# My sub t/s vs box



## lanman31337 (May 16, 2011)

So normally I do a sub with mid q, mid 30 FS. I sorta bit the bullet and went another route, as you'll see with the specs. These are all with coils in series as I'm running them to my subs. I'm running a pair. They're Lanzar 1233d.

Qes - .966
Qms - 4.969
Qts - .809
FS - 52 hz
Vas - .533 ft3
MMS 24731.9g
cms .4
Rms 1626.19451
BL 129.34427
Dd 32.34
Xmax 15.5 mm
VD 501.3 in3
SPL 87 db

Lanzar subs like small boxes, so I opted for a box 34 wide, 18 deep and 15 tall, put a baffle in front of the existing and with 2 5 inch diameter ports, 17.18 inches long each, should give me 3.5 cubes after displacement tuned to 38.5 hz. Did I do right? I've never worked with a sub with this high of a FS or Qts.


----------



## Hispls (Mar 12, 2008)

lanman31337 said:


> So normally I do a sub with mid q, mid 30 FS. I sorta bit the bullet and went another route, as you'll see with the specs. These are all with coils in series as I'm running them to my subs. I'm running a pair. They're Lanzar 1233d.
> 
> Qes - .966
> Qms - 4.969
> ...


Should sound very loud. That doesn't seem to be a woofer that's really geared towards being terribly musical, but seems well enough built and I've heard good reports on them. For the price they seem good. Really most of the big 12's would work well in a box with those specs. Should be quite efficient too, just be careful if you have a lot of power on it.

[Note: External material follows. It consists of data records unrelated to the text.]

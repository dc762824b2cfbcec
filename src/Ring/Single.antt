-- ===== src/Ring/Single.antt =====
-- `try_push`, `front`, `pop` and `try_pop` are those of the bounded queue, however stale the caches.
use shm_spsc.Base.{
  ℕ, suc, ◌+◌, ◌<◌, ◌≡◌, ◌≢◌, sym, inl, inr, Bool-cases, eq→==, ne→==, true, false, none, some, [],
  ◌∷◌, ◌++◌, ◌==◌, if◌then◌else◌, arith, length-set, get_elem?,
}
use shm_spsc.Ring.{
  Handle, Shared, next_index, refresh_read, refresh_write, put_one, store_read, try_push, front,
  pop,
}
use shm_spsc.Ring.Index.{
  used, used-lt, advance, advance-lt, advance-used, next_index_lem, used-advance_write,
  used-advance_read, next-ne-read, used-eq-zero, used-ne-zero, next_of_full, next_of_room,
}
use shm_spsc.Ring.Window.{window, window-set, window-suc}
use shm_spsc.Ring.Invariant.{IsRing, IsWriter, IsReader, contents, count, refresh_write-IsReader}

module _ {ℓ} {A : Type ℓ} {s : Shared A} (v : IsRing s) where
  abbrev cap : ℕ
  cap = s.ctrl.capacity

  abbrev w : ℕ
  w = s.ctrl.write_idx

  abbrev r : ℕ
  r = s.ctrl.read_idx

  -- The handle as a successful `try_push` leaves it.
  abbrev pub pushed : Handle → Handle
  pushed h = if advance cap w 1 == h.read_idx_cache then refresh_read h s else h

  next_lem : {k : ℕ} → k ≡ cap → next_index k w ≡ advance cap w 1
  next_lem e = rw e (next_index_lem cap w (omega (arith, v.small)) v.write_in)

  pub try_push_full :
      {h : Handle} (x : A)
      → IsWriter h s.ctrl
      → count s.ctrl + 1 ≡ cap
      → try_push x h s ≡ (false, refresh_read h s, s)
  unfolding try_push
  try_push_full {h} x k full = rw (
    next_lem k.same,
    eq→== _ _ cached,
    eq→== _ _ (next_of_full cap w r v.write_in v.read_in full),
  )
    where
      cached : advance cap w 1 ≡ h.read_idx_cache
      cached =
          next_of_full cap w h.read_idx_cache v.write_in k.cache_in
            (omega (arith, k.stale, used-lt cap w h.read_idx_cache v.write_in k.cache_in))

  pub try_push_room :
      {h : Handle} (x : A)
      → IsWriter h s.ctrl
      → count s.ctrl + 1 < cap
      → try_push x h s ≡ (true, pushed h, put_one x w (advance cap w 1) s)
  unfolding try_push
  try_push_room {h} x k room = elim (Bool-cases (advance cap w 1 == h.read_idx_cache)) [
    | inl hit ↦ rw (next_lem k.same, hit, ne→== _ _ other)
    | inr miss ↦ rw (next_lem k.same, miss)
  ]
    where
      other : advance cap w 1 ≢ r
      other = next_of_room cap w r v.write_in v.read_in room

  pub try_push-IsRing : (x : A) → IsRing (put_one x w (advance cap w 1) s)
  try_push-IsRing x = ground (arith, length-set s.slots w x, advance-lt cap w 1)

  pub pushed-IsWriter :
      {h : Handle} (x : A)
      → IsWriter h s.ctrl
      → count s.ctrl + 1 < cap
      → IsWriter (pushed h) (put_one x w (advance cap w 1) s).ctrl
  pushed-IsWriter {h} x k room = ground (
    arith,
    advance-lt cap w 1,
    used-advance_write cap w r 1,
    used-advance_write cap w h.read_idx_cache 1,
    next-ne-read cap w h.read_idx_cache,
  )

  -- What is pushed arrives at the end.
  pub contents-push :
      (x : A)
      → count s.ctrl + 1 < cap
      → contents (put_one x w (advance cap w 1) s) ≡ contents s ++ x ∷ []
  contents-push x room =
      let e : used cap (advance cap w 1) r ≡ suc (count s.ctrl) =
        omega (arith, used-advance_write cap w r 1 v.write_in v.read_in room) in
      rw e (
        window-set cap s.slots x r (count s.ctrl) w v.whole v.read_in (omega arith)
          (sym (advance-used cap w r v.write_in v.read_in)))

  -- A push leaves every popping handle with a cache that is still safe.
  pub pushed-IsReader :
      {c : Handle} (x : A)
      → IsReader c s.ctrl
      → count s.ctrl + 1 < cap
      → IsReader c (put_one x w (advance cap w 1) s).ctrl
  pushed-IsReader {c} x k room = ground (arith, used-advance_write cap w r 1)

  -- The handle as `front` leaves it.
  abbrev pub peeked : Handle → Handle
  peeked h = if r == h.write_idx_cache then refresh_write h s else h

  pub front_empty :
      {h : Handle} → IsReader h s.ctrl → count s.ctrl ≡ 0 → front h s ≡ (none, refresh_write h s)
  unfolding front
  front_empty {h} k e = rw (
    eq→== r h.write_idx_cache
        (sym (used-eq-zero cap h.write_idx_cache r k.cache_in v.read_in (omega (arith, k.stale)))),
    eq→== r w (sym (used-eq-zero cap w r v.write_in v.read_in e)),
  )

  pub front-some :
      {h : Handle} → IsReader h s.ctrl → 0 < count s.ctrl → front h s ≡ (some r, peeked h)
  unfolding front
  front-some {h} k e = elim (Bool-cases (r == h.write_idx_cache)) [
    | inl hit ↦ rw (hit, ne→== r w (used-ne-zero cap w r v.write_in v.read_in e))
    | inr miss ↦ rw miss
  ]

  abbrev pub popped : Shared A
  popped = store_read (advance cap r 1) s

  pub pop_lem : (h : Handle) → h.capacity ≡ cap → pop h s ≡ popped
  unfolding pop
  pop_lem h e = rw (e, next_index_lem cap r (omega (arith, v.small)) v.read_in)

  pub popped-IsRing : IsRing popped
  popped-IsRing = ground (arith, advance-lt cap r 1)

  pub peeked-IsReader :
      {h : Handle} → IsReader h s.ctrl → 0 < count s.ctrl → IsReader (peeked h) popped.ctrl
  peeked-IsReader {h} k e = ground (
    arith,
    advance-lt cap r 1,
    used-advance_read cap w r 1,
    used-advance_read cap h.write_idx_cache r 1,
    used-eq-zero cap h.write_idx_cache r,
  )

  -- A pop leaves every pushing handle with a cache that is still safe.
  pub popped-IsWriter : {p : Handle} → IsWriter p s.ctrl → 0 < count s.ctrl → IsWriter p popped.ctrl
  popped-IsWriter {p} k e = ground (arith, used-advance_read cap w r 1)

  -- What is popped is the oldest element.
  pub contents-pop :
      0 < count s.ctrl
      → (x : A) × (get_elem? s.slots r ≡ some x) × (contents s ≡ x ∷ contents popped)
  contents-pop e =
      let (x, here, split) = window-suc s.slots cap v.whole r (count s.ctrl) v.read_in e in
      (x, here, rw (used-advance_read cap w r 1 v.write_in v.read_in e) split)

  pub contents_empty : count s.ctrl ≡ 0 → contents s ≡ []
  unfolding window
  contents_empty e = rw e

  -- Peeking takes nothing out, and leaves the handle fit for the ring as it is.
  pub peeked-keeps : {h : Handle} → IsReader h s.ctrl → IsReader (peeked h) s.ctrl
  peeked-keeps {h} k = elim (Bool-cases (r == h.write_idx_cache)) [
    | inl hit ↦ rw hit (refresh_write-IsReader v h k.same)
    | inr miss ↦ rw miss k
  ]
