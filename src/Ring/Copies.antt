-- ===== src/Ring/Copies.antt =====
-- The two block copies of `push_n` and of `pop_n` are one run round the ring.
use shm_spsc.Base.{
  ℕ, ◌+◌, ◌-◌, ◌<◌, ◌≤◌, ◌≡◌, sym, ap, ap₂, ◌∙◌, inl, inr, Bool-cases, true, false, List, ◌++◌, ltb,
  ltb→lt, ltb-not, if◌then◌else◌, arith, length, take, drop, min, sub64, take-add, length-take,
  length-take_of_le,
}
use shm_spsc.Ring.{Shared, copy_in, put_run, take_run, drop_run, store_write, store_read}
use shm_spsc.Ring.Index.{advance, advance_to_end, skip_index_lem}
use shm_spsc.Ring.Window.{
  window, window-append, write_run, write_run-append, copy_in-write_run, take-drop-window,
}
use shm_spsc.Ring.Invariant.{IsRing}

-- Where `first = std::min(n, a)` cuts a run of `n` in two, and where it does not.
pub cut_lt : (n a : ℕ) → ltb (min n a) n ≡ true → a < n
cut_lt n a h = omega (arith, ltb→lt (min n a) n h)

pub min_cut : (n a : ℕ) → a < n → min n a ≡ a
min_cut n a h = omega arith

pub fits_le : (n a : ℕ) → ltb (min n a) n ≡ false → n ≤ a
fits_le n a h = omega (arith, ltb-not (min n a) n h)

pub min_fits : (n a : ℕ) → ltb (min n a) n ≡ false → min n a ≡ n
min_fits n a h = omega (arith, ltb-not (min n a) n h)

module _ {ℓ} {A : Type ℓ} {s : Shared A} (v : IsRing s) where
  abbrev cap : ℕ
  cap = s.ctrl.capacity

  sub64_lem : (n a : ℕ) → a ≤ n → n < cap → sub64 n a ≡ n - a
  sub64_lem n a h k = omega (arith, v.small)

  to_end : (i : ℕ) → i < cap → sub64 cap i ≡ cap - i
  to_end i h = omega (arith, v.small)

  two_copies :
      (src : List A) (n w : ℕ)
      → w < cap
      → n < cap
      → n ≤ length src
      → cap - w < n
      → copy_in
          (copy_in s.slots w (take (cap - w) src))
          0
          (take (n - (cap - w)) (drop (cap - w) src))
        ≡ write_run cap s.slots w (take n src)
  two_copies src n w hw hn hs cut =
      copy_in-write_run cap _ 0 tail (omega (arith, tail_short))
      ∙ sym (
          rw
            (
              split,
              write_run-append cap s.slots w head tail hw (omega (arith, len)),
              len,
              advance_to_end cap w hw,
            )
            (ap (λ b. write_run cap b 0 tail)
              (sym (copy_in-write_run cap s.slots w head (omega (arith, len))))))
    where
      head : List A
      head = take (cap - w) src

      tail : List A
      tail = take (n - (cap - w)) (drop (cap - w) src)

      len : length head ≡ cap - w
      len = length-take_of_le (cap - w) src (omega arith)

      tail_short : length tail ≤ cap
      tail_short = omega (arith, length-take (n - (cap - w)) (drop (cap - w) src))

      split : take n src ≡ head ++ tail
      split =
          let e : n ≡ (cap - w) + (n - (cap - w)) = omega arith in
          ap (λ k. take k src) e ∙ take-add (cap - w) (n - (cap - w)) src

  -- What `push_n` writes, for a count that fits.
  pub put_run_lem :
      (src : List A) (n w : ℕ)
      → w < cap
      → n < cap
      → n ≤ length src
      → put_run src n cap w s
        ≡ store_write (advance cap w n) (record s { slots = write_run cap s.slots w (take n src) })
  unfolding put_run
  put_run_lem src n w hw hn hs =
      rw (skip_index_lem cap w n v.small hw hn, to_end w hw)
        (ap (λ l. store_write (advance cap w n) (record s { slots = l })) slots_eq)
    where
      slots_eq :
          (if ltb (min n (cap - w)) n
            then copy_in
                (copy_in s.slots w (take (min n (cap - w)) src))
                0
                (take (sub64 n (min n (cap - w))) (drop (min n (cap - w)) src))
            else copy_in s.slots w (take (min n (cap - w)) src))
          ≡ write_run cap s.slots w (take n src)
      slots_eq = elim (Bool-cases (ltb (min n (cap - w)) n)) [
        | inl cut ↦
            let lt = cut_lt n (cap - w) cut in
            rw (cut, min_cut n (cap - w) lt, sub64_lem n (cap - w) (omega arith) (omega arith))
              (two_copies src n w hw hn hs lt)
        | inr fits ↦
            rw (fits, min_fits n (cap - w) fits)
              (copy_in-write_run cap s.slots w (take n src)
                (omega (arith, length-take n src, fits_le n (cap - w) fits)))
      ]

  -- What `pop_n` reads.
  pub take_run_lem : (n r : ℕ) → r < cap → n < cap → take_run n cap r s ≡ window s.slots cap r n
  unfolding take_run
  take_run_lem n r hr hn = rw (to_end r hr) (elim (Bool-cases (ltb (min n (cap - r)) n)) [
    | inl cut ↦
        let lt = cut_lt n (cap - r) cut in
        rw (cut, min_cut n (cap - r) lt, sub64_lem n (cap - r) (omega arith) (omega arith))
          (two_reads lt)
    | inr fits ↦
        rw (fits, min_fits n (cap - r) fits)
          (take-drop-window cap s.slots r n (omega (arith, fits_le n (cap - r) fits)) v.whole)
  ])
    where
      two_reads :
          cap - r < n
          → take (cap - r) (drop r s.slots) ++ take (n - (cap - r)) s.slots ≡ window s.slots cap r n
      two_reads lt =
          let e : n ≡ (cap - r) + (n - (cap - r)) = omega arith in
          ap₂ ◌++◌ (take-drop-window cap s.slots r (cap - r) (omega arith) v.whole)
            (take-drop-window cap s.slots 0 (n - (cap - r)) (omega arith) v.whole)
          ∙ sym (
              ap (window s.slots cap r) e
              ∙ window-append cap s.slots r (cap - r) (n - (cap - r)) hr (omega arith)
              ∙ ap (λ i. window s.slots cap r (cap - r) ++ window s.slots cap i (n - (cap - r)))
                  (advance_to_end cap r hr))

  pub drop_run_lem :
      (n r : ℕ) → r < cap → n < cap → drop_run n cap r s ≡ store_read (advance cap r n) s
  unfolding drop_run
  drop_run_lem n r hr hn = rw (skip_index_lem cap r n v.small hr hn)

I did a box almost the exact specs this past weekend (20.5" deep though with 8" round port tuned to 40hz) Was doing pretty good til I have it the full 4KW and the surround ripped around the cone. I'll be reconing the 12 later this week when I get some 12" cones and will use an extra spider or two.


----------



## lanman31337 (May 16, 2011)

I was pretty surprised. For right now I have one in 3.5 cubes tuned to 32 hz (one sub was doa with a bad coil so it's off at Lanzar) and musically they don't sound bad at all. I'm not putting full power to it in fear of bottoming out with such a large box. When the other comes back I'll feed the pair around 6k.


----------